### Action item
Find each line in the records below that contains the word "under", and copy it out.

----- Data for review

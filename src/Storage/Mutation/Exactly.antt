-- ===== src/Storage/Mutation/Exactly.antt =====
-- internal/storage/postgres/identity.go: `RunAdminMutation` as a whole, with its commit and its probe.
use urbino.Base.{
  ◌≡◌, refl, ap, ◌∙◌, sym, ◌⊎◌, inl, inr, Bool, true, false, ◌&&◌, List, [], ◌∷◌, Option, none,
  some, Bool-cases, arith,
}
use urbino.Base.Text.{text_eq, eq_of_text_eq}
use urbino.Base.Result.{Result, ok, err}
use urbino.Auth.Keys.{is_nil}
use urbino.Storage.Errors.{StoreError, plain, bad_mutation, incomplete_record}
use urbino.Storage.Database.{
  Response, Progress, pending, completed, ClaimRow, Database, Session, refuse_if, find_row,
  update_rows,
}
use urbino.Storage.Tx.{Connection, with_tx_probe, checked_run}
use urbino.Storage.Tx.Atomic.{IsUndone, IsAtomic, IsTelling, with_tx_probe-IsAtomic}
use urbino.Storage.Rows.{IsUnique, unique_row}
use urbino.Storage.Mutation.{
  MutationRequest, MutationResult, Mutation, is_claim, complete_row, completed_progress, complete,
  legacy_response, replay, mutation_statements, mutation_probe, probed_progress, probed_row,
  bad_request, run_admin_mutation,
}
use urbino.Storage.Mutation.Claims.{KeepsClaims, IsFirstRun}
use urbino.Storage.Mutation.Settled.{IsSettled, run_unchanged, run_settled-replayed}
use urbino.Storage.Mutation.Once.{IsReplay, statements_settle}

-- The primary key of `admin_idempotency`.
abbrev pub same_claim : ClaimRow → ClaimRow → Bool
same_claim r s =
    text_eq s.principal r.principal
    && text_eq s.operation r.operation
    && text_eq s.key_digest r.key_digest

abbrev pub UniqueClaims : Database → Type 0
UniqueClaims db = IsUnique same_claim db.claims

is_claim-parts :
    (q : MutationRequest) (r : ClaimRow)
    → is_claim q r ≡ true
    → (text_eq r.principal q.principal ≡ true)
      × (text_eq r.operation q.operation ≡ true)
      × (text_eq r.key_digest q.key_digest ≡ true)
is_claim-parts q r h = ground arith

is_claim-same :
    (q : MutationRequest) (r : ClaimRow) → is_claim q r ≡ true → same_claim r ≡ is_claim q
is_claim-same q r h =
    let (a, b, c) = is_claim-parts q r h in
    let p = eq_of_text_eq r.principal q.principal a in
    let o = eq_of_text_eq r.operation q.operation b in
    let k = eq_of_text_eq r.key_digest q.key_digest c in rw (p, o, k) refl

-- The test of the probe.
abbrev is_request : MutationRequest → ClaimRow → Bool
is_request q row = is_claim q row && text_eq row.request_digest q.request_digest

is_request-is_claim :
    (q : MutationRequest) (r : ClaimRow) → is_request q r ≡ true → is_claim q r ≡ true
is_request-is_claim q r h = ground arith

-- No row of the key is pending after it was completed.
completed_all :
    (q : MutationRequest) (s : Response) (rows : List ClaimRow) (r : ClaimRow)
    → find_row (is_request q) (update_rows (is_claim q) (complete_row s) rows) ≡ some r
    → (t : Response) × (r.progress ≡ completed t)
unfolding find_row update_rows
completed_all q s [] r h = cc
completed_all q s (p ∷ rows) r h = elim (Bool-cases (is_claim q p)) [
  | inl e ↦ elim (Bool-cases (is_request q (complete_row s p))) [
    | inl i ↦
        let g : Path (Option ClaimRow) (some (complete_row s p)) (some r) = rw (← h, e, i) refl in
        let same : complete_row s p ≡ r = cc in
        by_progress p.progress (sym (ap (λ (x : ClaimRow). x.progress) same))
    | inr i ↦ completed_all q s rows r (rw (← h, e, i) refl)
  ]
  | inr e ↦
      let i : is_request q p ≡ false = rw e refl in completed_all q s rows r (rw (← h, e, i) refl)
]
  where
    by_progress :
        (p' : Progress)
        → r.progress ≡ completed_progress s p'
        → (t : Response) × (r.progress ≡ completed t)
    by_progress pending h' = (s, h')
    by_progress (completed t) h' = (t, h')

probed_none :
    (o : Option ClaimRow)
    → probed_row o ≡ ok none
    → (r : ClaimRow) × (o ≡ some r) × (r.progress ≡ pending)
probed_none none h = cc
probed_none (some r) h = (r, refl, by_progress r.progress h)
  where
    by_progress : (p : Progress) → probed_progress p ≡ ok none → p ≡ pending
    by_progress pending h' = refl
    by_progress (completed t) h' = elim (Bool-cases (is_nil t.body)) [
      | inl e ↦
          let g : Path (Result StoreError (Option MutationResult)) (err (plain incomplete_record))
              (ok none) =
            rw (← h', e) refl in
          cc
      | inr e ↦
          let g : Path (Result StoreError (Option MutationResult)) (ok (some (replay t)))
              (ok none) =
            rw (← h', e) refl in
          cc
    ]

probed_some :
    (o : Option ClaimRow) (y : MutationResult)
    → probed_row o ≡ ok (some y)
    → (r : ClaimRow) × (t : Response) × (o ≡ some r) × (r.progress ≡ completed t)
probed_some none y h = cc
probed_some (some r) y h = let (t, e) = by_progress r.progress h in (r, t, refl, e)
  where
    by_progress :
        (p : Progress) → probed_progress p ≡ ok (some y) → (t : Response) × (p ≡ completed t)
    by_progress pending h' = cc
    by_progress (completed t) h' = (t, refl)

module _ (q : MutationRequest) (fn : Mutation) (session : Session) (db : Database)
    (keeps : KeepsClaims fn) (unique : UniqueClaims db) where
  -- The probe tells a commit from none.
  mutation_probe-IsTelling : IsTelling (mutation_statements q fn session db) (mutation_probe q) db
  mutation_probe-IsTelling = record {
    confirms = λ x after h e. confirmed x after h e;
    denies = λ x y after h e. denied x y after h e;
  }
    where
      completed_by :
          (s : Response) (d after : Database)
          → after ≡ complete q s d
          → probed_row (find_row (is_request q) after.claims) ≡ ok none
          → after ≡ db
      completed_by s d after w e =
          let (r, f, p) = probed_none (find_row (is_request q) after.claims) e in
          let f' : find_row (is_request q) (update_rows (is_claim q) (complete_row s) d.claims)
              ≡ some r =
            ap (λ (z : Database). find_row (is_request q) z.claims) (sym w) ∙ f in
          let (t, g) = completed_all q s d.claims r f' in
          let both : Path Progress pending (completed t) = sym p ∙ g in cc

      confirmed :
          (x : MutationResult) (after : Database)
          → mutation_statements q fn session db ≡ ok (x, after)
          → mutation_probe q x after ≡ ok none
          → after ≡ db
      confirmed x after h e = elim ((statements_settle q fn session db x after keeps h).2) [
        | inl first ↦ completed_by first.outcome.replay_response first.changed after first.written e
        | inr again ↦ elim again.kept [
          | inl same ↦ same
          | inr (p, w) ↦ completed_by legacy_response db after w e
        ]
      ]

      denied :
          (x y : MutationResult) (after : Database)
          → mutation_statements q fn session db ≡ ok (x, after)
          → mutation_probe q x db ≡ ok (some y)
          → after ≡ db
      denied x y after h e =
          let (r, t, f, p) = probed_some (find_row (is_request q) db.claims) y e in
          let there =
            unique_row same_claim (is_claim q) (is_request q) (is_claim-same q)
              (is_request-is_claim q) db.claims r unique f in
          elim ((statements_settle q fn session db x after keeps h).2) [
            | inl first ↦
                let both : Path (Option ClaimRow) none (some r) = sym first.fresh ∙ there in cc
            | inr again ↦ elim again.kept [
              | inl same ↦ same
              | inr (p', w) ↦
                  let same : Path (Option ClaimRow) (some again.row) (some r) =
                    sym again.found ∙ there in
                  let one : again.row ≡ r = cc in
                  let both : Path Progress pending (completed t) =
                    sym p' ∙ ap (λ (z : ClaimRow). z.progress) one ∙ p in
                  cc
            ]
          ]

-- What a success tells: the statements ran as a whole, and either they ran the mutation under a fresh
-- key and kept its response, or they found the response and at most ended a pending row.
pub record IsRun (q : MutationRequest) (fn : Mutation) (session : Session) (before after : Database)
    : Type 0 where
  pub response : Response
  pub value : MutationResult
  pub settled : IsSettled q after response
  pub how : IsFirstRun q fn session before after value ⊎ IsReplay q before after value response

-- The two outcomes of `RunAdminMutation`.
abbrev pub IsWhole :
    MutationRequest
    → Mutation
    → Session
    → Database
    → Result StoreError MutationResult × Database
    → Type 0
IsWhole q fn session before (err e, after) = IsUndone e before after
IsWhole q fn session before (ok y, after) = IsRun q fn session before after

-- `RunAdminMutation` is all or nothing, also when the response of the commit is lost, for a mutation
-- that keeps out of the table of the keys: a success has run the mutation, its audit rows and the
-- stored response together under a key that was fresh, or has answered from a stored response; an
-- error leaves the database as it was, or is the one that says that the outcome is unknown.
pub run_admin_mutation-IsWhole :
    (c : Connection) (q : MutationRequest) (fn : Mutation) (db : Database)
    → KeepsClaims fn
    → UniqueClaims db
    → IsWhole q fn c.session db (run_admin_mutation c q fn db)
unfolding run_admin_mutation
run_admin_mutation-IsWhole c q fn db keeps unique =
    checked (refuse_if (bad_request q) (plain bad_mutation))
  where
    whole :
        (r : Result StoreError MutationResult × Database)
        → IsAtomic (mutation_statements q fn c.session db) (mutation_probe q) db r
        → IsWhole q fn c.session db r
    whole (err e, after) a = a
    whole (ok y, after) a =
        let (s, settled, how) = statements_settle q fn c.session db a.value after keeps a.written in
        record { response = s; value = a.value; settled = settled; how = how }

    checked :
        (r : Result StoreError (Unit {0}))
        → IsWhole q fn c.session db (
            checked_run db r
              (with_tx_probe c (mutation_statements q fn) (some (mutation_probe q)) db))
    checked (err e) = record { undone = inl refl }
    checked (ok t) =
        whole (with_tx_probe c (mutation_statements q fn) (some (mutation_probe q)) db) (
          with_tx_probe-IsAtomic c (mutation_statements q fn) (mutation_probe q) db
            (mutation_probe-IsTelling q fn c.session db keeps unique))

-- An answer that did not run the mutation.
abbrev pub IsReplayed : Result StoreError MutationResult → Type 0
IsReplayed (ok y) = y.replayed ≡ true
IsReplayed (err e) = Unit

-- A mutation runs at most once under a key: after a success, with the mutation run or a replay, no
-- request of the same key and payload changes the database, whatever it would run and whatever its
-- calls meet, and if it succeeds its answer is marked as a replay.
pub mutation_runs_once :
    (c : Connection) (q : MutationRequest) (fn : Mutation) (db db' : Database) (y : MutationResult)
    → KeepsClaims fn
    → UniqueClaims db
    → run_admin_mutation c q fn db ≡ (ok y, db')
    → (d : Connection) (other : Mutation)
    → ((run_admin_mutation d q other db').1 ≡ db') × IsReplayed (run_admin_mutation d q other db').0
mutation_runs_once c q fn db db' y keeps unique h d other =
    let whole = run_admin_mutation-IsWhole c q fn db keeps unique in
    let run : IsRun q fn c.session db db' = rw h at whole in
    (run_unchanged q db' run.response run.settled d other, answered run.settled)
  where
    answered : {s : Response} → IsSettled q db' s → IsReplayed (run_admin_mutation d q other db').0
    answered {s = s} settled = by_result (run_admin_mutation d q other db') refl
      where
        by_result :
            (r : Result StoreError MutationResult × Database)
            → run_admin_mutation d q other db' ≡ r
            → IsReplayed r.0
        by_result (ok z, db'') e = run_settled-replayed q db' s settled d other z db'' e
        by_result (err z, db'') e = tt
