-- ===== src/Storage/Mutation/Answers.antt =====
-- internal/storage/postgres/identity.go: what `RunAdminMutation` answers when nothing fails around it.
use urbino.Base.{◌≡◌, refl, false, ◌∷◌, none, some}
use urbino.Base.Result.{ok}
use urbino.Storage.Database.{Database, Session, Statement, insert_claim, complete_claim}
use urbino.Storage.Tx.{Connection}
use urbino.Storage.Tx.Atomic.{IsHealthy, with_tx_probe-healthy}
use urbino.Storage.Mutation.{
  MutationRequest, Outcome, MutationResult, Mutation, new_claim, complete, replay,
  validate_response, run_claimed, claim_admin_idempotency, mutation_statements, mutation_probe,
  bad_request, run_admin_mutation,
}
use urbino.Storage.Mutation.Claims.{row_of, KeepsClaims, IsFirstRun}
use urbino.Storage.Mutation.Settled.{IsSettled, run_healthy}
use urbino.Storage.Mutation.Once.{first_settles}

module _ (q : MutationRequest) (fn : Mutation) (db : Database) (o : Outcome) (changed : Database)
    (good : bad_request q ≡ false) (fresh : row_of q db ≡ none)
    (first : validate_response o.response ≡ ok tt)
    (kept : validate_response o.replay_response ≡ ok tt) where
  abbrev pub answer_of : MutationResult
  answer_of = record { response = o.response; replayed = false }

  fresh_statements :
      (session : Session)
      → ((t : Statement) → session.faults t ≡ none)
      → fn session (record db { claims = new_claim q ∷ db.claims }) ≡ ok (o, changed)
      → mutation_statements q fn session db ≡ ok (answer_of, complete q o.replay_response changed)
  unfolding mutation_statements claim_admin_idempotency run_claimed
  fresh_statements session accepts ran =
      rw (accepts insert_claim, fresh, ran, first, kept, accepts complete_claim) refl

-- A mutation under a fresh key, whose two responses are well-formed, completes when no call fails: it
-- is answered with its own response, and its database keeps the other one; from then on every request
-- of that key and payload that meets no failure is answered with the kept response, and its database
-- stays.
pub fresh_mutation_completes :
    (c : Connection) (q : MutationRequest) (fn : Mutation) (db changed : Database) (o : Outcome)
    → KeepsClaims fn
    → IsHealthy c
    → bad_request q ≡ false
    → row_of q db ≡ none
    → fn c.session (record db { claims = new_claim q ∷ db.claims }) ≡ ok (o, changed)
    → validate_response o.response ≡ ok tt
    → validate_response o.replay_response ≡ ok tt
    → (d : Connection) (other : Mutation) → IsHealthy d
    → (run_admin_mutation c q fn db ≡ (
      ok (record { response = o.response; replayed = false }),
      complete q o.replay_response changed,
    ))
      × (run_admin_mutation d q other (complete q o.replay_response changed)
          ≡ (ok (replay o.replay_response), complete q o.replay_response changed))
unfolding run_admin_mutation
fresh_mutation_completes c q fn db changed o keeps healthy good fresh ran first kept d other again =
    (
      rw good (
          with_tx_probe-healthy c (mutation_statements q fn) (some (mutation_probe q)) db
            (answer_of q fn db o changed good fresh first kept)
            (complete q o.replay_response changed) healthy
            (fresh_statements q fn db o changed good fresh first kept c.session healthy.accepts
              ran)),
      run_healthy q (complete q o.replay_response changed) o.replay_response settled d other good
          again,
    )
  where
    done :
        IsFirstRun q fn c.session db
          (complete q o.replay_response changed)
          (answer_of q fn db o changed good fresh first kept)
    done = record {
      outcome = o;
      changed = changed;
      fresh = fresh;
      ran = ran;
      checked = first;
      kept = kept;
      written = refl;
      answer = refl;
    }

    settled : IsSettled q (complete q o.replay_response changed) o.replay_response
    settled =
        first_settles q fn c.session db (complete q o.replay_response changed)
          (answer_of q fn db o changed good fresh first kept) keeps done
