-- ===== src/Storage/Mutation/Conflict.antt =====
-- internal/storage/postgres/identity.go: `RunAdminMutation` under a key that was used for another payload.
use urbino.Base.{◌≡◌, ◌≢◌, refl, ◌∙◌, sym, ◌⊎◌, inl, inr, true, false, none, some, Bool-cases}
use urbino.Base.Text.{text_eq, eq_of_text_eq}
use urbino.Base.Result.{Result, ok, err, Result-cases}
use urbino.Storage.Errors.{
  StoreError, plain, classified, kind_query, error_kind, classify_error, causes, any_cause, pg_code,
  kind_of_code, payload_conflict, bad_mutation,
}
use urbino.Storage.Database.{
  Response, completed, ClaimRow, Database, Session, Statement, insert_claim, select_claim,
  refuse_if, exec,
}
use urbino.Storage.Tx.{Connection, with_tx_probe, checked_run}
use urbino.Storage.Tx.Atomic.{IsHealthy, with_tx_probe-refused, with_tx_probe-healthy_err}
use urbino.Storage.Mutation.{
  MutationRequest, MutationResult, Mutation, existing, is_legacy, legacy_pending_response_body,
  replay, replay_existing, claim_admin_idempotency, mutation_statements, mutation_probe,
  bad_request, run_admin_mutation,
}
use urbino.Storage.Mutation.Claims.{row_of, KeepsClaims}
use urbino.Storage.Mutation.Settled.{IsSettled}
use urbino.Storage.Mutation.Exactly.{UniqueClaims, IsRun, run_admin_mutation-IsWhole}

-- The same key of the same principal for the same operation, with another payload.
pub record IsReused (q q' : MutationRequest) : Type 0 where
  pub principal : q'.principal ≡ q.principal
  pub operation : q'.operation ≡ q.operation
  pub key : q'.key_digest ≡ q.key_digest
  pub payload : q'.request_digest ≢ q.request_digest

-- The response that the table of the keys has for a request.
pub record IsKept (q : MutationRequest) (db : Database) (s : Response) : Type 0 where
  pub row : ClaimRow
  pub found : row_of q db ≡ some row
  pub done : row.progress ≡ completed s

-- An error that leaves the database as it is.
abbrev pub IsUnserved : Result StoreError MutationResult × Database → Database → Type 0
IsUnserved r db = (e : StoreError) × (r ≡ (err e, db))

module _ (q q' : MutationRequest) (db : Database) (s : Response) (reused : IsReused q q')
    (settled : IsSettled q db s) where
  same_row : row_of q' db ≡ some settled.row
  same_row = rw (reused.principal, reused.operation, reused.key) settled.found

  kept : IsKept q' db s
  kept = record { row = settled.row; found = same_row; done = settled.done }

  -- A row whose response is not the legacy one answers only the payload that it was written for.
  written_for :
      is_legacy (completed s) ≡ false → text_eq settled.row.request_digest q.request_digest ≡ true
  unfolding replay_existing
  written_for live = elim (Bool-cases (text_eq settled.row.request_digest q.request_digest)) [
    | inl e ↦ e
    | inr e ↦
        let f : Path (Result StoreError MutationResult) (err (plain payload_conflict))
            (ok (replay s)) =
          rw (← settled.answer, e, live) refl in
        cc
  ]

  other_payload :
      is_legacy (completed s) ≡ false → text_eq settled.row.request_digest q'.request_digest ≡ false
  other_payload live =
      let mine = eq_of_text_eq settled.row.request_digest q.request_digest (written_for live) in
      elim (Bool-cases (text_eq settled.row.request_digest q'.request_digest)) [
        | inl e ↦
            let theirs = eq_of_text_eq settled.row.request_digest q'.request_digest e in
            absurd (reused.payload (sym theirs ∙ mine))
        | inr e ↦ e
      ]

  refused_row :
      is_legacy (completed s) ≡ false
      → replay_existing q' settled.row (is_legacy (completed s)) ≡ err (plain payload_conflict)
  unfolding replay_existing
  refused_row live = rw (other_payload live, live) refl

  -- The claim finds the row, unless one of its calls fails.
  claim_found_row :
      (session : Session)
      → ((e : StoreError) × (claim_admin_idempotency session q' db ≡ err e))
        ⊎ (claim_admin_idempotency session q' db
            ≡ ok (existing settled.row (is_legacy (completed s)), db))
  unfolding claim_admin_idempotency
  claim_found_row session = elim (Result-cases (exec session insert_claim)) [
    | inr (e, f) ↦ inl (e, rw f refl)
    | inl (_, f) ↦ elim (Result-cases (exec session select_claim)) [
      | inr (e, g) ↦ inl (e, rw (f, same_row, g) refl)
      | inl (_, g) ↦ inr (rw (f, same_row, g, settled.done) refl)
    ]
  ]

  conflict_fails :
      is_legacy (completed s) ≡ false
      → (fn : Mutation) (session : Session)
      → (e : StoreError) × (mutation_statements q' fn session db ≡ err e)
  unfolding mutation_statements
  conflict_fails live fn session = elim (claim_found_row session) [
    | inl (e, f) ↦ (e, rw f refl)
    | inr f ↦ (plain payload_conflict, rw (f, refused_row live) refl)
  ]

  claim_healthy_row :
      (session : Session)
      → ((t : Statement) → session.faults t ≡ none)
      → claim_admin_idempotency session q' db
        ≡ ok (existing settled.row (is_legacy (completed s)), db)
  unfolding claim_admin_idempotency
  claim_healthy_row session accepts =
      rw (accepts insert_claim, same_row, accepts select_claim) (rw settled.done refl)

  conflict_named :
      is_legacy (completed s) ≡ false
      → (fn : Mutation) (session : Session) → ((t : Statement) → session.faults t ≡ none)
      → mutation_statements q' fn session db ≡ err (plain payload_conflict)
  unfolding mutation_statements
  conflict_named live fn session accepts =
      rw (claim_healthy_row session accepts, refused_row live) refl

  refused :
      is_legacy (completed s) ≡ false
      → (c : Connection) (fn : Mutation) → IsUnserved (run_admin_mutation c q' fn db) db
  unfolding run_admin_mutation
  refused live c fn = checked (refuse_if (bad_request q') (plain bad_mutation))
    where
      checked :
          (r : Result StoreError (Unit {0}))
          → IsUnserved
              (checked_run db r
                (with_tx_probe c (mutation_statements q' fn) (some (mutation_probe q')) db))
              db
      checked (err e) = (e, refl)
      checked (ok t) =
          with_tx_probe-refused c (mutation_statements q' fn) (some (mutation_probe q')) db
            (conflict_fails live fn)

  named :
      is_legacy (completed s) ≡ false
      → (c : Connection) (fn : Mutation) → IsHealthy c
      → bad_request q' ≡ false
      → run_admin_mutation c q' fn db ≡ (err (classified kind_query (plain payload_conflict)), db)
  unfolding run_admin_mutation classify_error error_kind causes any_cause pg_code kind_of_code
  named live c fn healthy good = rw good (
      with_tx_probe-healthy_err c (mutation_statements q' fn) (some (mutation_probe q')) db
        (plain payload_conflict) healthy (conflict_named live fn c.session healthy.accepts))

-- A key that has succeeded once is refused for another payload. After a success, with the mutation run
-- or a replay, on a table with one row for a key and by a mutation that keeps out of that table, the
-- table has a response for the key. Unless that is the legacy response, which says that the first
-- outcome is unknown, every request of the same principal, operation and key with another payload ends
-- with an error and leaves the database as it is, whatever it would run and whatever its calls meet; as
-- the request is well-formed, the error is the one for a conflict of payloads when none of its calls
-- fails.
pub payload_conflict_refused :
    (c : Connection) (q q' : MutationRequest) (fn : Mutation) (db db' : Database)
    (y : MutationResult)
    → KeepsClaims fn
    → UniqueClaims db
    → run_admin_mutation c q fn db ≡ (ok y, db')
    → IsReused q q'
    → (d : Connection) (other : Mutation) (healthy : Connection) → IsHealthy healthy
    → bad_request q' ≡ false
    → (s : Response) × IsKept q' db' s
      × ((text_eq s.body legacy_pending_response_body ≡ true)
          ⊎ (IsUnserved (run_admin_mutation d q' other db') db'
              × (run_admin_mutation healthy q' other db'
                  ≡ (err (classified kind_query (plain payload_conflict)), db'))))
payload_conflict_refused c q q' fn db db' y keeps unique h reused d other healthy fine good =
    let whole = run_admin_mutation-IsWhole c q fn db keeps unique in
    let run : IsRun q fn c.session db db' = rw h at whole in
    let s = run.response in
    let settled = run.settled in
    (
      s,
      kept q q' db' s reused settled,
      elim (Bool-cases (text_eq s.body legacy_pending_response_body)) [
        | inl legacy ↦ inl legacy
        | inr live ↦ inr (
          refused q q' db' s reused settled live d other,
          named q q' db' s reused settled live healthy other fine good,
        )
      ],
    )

----------

### Response to this exercise
-- What a success tells: the statements ran as a whole, and either they ran the mutation under a fresh
-- stored response together under a key that was fresh, or has answered from a stored response; an
-- A mutation runs at most once under a key: after a success, with the mutation run or a replay, no
-- A mutation under a fresh key, whose two responses are well-formed, completes when no call fails: it
-- internal/storage/postgres/identity.go: `RunAdminMutation` under a key that was used for another payload.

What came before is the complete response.